陳媽給我遞來一杯溫水說道:“先生您受苦了,你想吃什麼回家我給您做。”
周煙,連一個和我沒有血緣關係的人對我都比你好。
打完鹽水回到家時已經是深夜,我來到二樓想將之前留在書房的書拿出卻發現散落了一地的衣服。
女人的高跟鞋,男人的領帶,還有私密的貼身衣物。
周煙的臥室裏隱約傳出一些不堪入耳的聲音,充斥著我的大腦。
那些不好的回憶又再次浮現在我的腦海裏揮之不去。
那無數個夜晚,我曾被一群人綁在床上極致淩辱。
麵對我的哀求,他們熟視無睹,隻要我不配合,就會有人拿起電棒燙在我的身上,肌肉傳來的是撕心裂肺的灼燒感。
我的大腦不受控製,痛苦即將溢出,我大喊了一聲:“啊,我受不了,求求你們放過我吧。”

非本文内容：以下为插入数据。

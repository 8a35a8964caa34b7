-- ===== src/AttnUtils/Raw.antt =====
-- `_allocate_kv_cache` of the worker: a buffer for each tensor of the configuration, under the names
-- of the layers that share it.
pub mod Covers
use edmm.Prelude.{
  ℕ, String, List, [], ◌∷◌, ◌++◌, Option, none, some, Bool, true, false, if◌then◌else◌, ◌&&◌, ◌||◌,
  String_discrete,
}
use edmm.Prelude.Dict.{Dict, keys, put}
use edmm.Prelude.Sets.{member, insert}
use edmm.Prelude.Effect.{ok, raise, pure, ◌>>=◌}
use edmm.Gpu.{assertion_error, plain}
use edmm.Allocator.{allocate_vmm_kv_cache}
use edmm.Torch.{Torch, Step, lift, zeros}
use edmm.AttnUtils.Config.{Vllm, KvCacheGroup, KvCacheTensor, KvCacheConfig}

-- `for name in names: d[name] = value`
unfoldable pub put_each : {A : Type 0} → List String → A → Dict String A → Dict String A
unfolding put
put_each [] x d = d
put_each (layer_name ∷ layer_names) x d =
    put_each layer_names x (put String_discrete layer_name x d)

-- `for name in names: s.add(name)`
unfoldable pub insert_each : List String → List String → List String
unfolding insert
insert_each [] s = s
insert_each (layer_name ∷ layer_names) s =
    insert_each layer_names (insert String_discrete layer_name s)

unfoldable pub subset : List String → List String → Bool
unfolding member
subset [] s = true
subset (x ∷ xs) s = member String_discrete x s && subset xs s

-- `a == b` of sets.
abbrev pub same_set : List String → List String → Bool
same_set a b = subset a b && subset b a

module _ (t : Torch) (v : Vllm t) where
  -- The buffer of one tensor: by pages, or zeroed bytes.
  unfoldable pub raw_tensor : Bool → ℕ → t.Device → Step t t.Array
  unfolding zeros
  raw_tensor true size device = do
    tensor ← allocate_vmm_kv_cache t.driver size (t.index device)
    pure (t.of_tensor tensor)
  raw_tensor false size device = zeros t (size ∷ []) t.int8 false device

  unfoldable pub raw_tensors :
      Bool
      → t.Device
      → List (KvCacheTensor t v)
      → Dict String t.Array
      → Step t (Dict String t.Array)
  unfolding raw_tensor put_each
  raw_tensors edmm_enabled device [] made = pure made
  raw_tensors edmm_enabled device (x ∷ xs) made = do
    tensor ← raw_tensor edmm_enabled x.size device
    raw_tensors edmm_enabled device xs (put_each x.shared_by tensor made)

  -- The names of all groups.
  unfoldable pub all_layer_names : List (KvCacheGroup t v) → List String → List String
  unfolding insert_each
  all_layer_names [] s = s
  all_layer_names (g ∷ gs) s = all_layer_names gs (insert_each g.layer_names s)

  -- The assertion that every layer has a buffer or shares one, and no other has.
  unfoldable pub checked_layers :
      KvCacheConfig t v → Dict String String → Dict String t.Array → Step t (Dict String t.Array)
  unfolding all_layer_names subset insert_each
  checked_layers kv_cache_config shared_layers made =
      if same_set (all_layer_names kv_cache_config.kv_cache_groups [])
        (insert_each (keys shared_layers) (keys made))
      then pure made
      else raise (assertion_error (plain "Some layers are not correctly initialized"))

  -- `_allocate_kv_cache`
  unfoldable pub allocate_kv_cache :
      Bool → KvCacheConfig t v → Dict String String → t.Device → Step t (Dict String t.Array)
  unfolding raw_tensors checked_layers
  allocate_kv_cache edmm_enabled kv_cache_config shared_layers device = do
    made ← raw_tensors edmm_enabled device kv_cache_config.kv_cache_tensors []
    checked_layers kv_cache_config shared_layers made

這一聲尖叫劃破這刻的靜謐,周煙穿著衣服從房間裏跑出。
看著眼前的我,躺在地上不斷地抱著自己的頭喘息。
仿佛是被嚇到了般:“沈嶼, 你怎麼了?”
我的露出體外的皮膚被周煙接觸的那刻,已經喪失了理智:
“別碰我,我好臟,我臟了這層皮就要被電棒燙,直到長出新的皮。”
“那層沒被人碰過,才是幹淨的。”
周煙滿眼驚恐地望著我:“你到底怎麼了,沈嶼?”
我怎了,我瘋了,我被虐待了,我被一群人糟蹋了。
我發瘋般地將身上的衣服一件件扯下。
手臂,後背,前胸,甚至來大腿內側都布滿了密密麻麻的疤痕。
在我的身上縱橫交錯,猶如蜿蜒盤旋地蚯蚓爬行遍布全身。
周煙望著眼前的場景,頓時吸了口涼氣。
她的眼裏不知是被嚇到,還是被震驚道,半天說不出一句話。
我朝著她笑的無比破碎:
“周煙這不就是你對我的懲罰嗎?”
“現在你看到了,滿意了嗎,這身上每一條疤痕都是拜你所賜。”
“整整五年了,我每天都是在無盡的恐懼中度過。”
“你成功了,你開心了。”
我失魂落魄地站起身朝著浴室走去,在關上門的那刻周煙突然衝了進來:
“沈嶼,是誰把你折磨成這樣的,我當年隻是讓他們磨礪你,並沒有同意他們虐待你。”
我冷笑道:“是嗎,這就是你所謂的磨礪。”
我目光直視周煙身後的肖魏冷漠開口道:
“如果我告訴你是誰把我折磨成這樣的?你會替我報仇嗎?”
周煙望著我滿眼都是愧疚:“我一定會替你報仇的。”
我眼裏陰鬱一閃而過:“你也會讓他遭受我所承受的一切嗎?”
周煙一臉決絕的說道:“我一定要讓他加倍奉還。”
身後的肖魏臉色逐漸蒼白,望向我的眼裏也不在是從前般不屑。
取而代之的是布滿恐懼。
我的手直直指向肖魏說道:“就是他,這一切全是他的錯。”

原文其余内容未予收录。